AI taught to recognise hate speech to fight Twitter trolls
Keyboard-bashing trolls are the norm in the Twitterverse and the social network hasn’t been doing a fab job of controlling it. So much so that one third-person creative agency called Possible, has thought it necessary to step in and turn hate speech into something good, launching a campaign called We Counter Hate.
Partnering with Spredfast, Possible has been able to train an AI to recognise hateful tweets. When the AI detects the hateful message, a human moderator will send the troll a counter-tweet, alerting them that their tweet has been countered by karmic goodness. For every retweet We Counter Hate gets, Possible, with donations from the public, will make a $1 contribution to the non-profit organisation, Life After Hate.
Talking to VentureBeat, Possible explained how the team trained its bot to recognise hate speech by adapted Gregory Stanton’s Ten Stages of Genocide, condensing his document down to the bits only relevant to Twitter – from tweets that are intended to dehumanise to tweets that are intended to polarise communities.
Working with Spredfirst to help moderate incoming messages, the AI categorises these tweets into the different streams of hate speech. Possible then feeds this through its system so that it can learn the linguistic nuances of speech. Once it has been trained, it flags messages for human moderators to intervene and identify what’s really hate speech and what might have just been confused by the system.
(Above: An example of @we_counter_hate in action)
Combatting trolls on their favourite platform? It’s a nice idea. Except…there’s a few major flaws.
The problems with using bots to fight trolls
Trolls love to ruin inherently good causes. I can’t help but be reminded of a painful series of events involving actor, Shia LaBeouf. In an online art performance called He Will Not Divide Us, LaBeouf attempted to launch a 24-hour stream protesting Donald Trump’s inauguration.
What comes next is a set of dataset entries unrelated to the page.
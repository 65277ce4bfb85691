-- ===== src/Verification/Matching.antt =====
-- The matcher of tokens, which both halves of the validity test use.
use decision_memory.Prelude.{
  ◌==◌, nat_eq, pair_eq, list_eq, ==_refl, ==_sym, ◌≡◌, true, false, arith,
}
use decision_memory.Text.{Text}
use decision_memory.Morphology.{stem_match}
use decision_memory.Morphology.Match.{base_sets_intersect_comm, stem_match→base_sets_intersect}
use decision_memory.Vocabulary.{is_function_word}
use decision_memory.Verification.{tokens_match}

pub tokens_match_refl : (a : Text) → tokens_match a a ≡ true
unfolding tokens_match
tokens_match_refl a = rw (==_refl a)

-- Whether two tokens match does not depend on their order.
tokens_match_comm : (a b : Text) → tokens_match a b ≡ tokens_match b a
unfolding tokens_match
tokens_match_comm a b = rw (==_sym a b, base_sets_intersect_comm a b) (ground arith)

-- A function word matches only itself.
pub tokens_match_function_word :
    (a b : Text) → is_function_word a ≡ true → tokens_match a b ≡ (a == b)
unfolding tokens_match
tokens_match_function_word a b h = ground arith

-- Content tokens that the directional matcher accepts match.
pub stem_match→tokens_match :
    (a b : Text)
    → is_function_word a ≡ false
    → is_function_word b ≡ false
    → stem_match a b ≡ true
    → tokens_match a b ≡ true
unfolding tokens_match
stem_match→tokens_match a b content_a content_b h =
    rw (content_a, content_b, stem_match→base_sets_intersect a b h) (ground arith)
It was supposed to be shown for Trump’s entire term in office, but its home at the Museum of the Moving Image lasted barely three weeks following a large-scale troll assault.
We Counter Hate seems prime to replicate Labeouf’s recipe for failure. It’s not difficult to imagine scenarios in which trolls continuously find ways to break the bot.
Secondly, doesn’t the campaign seem like it’s, in a perverse way, almost incentivising hate speech? If you want to see more of the countering tweets, hate-filled tweets need to be posted on the social network in the first place. People might just end up posting hate speech in order to trigger the bot.
While campaigns like this are, in theory, a good thing, most of my scepticism errs on the side that says this will all end in tears for the users. The thing is, there’s no single clear solution to tackling online trolls. The problems arguably stem from the systems of social networking themselves; something the likes of Twitter and Facebook often tie themselves up in knots trying to unpick. There’s no single bulletproof solution, and a bot that ultimately works in the favour of marketing one creative agency is unlikely to solve the problem on its own.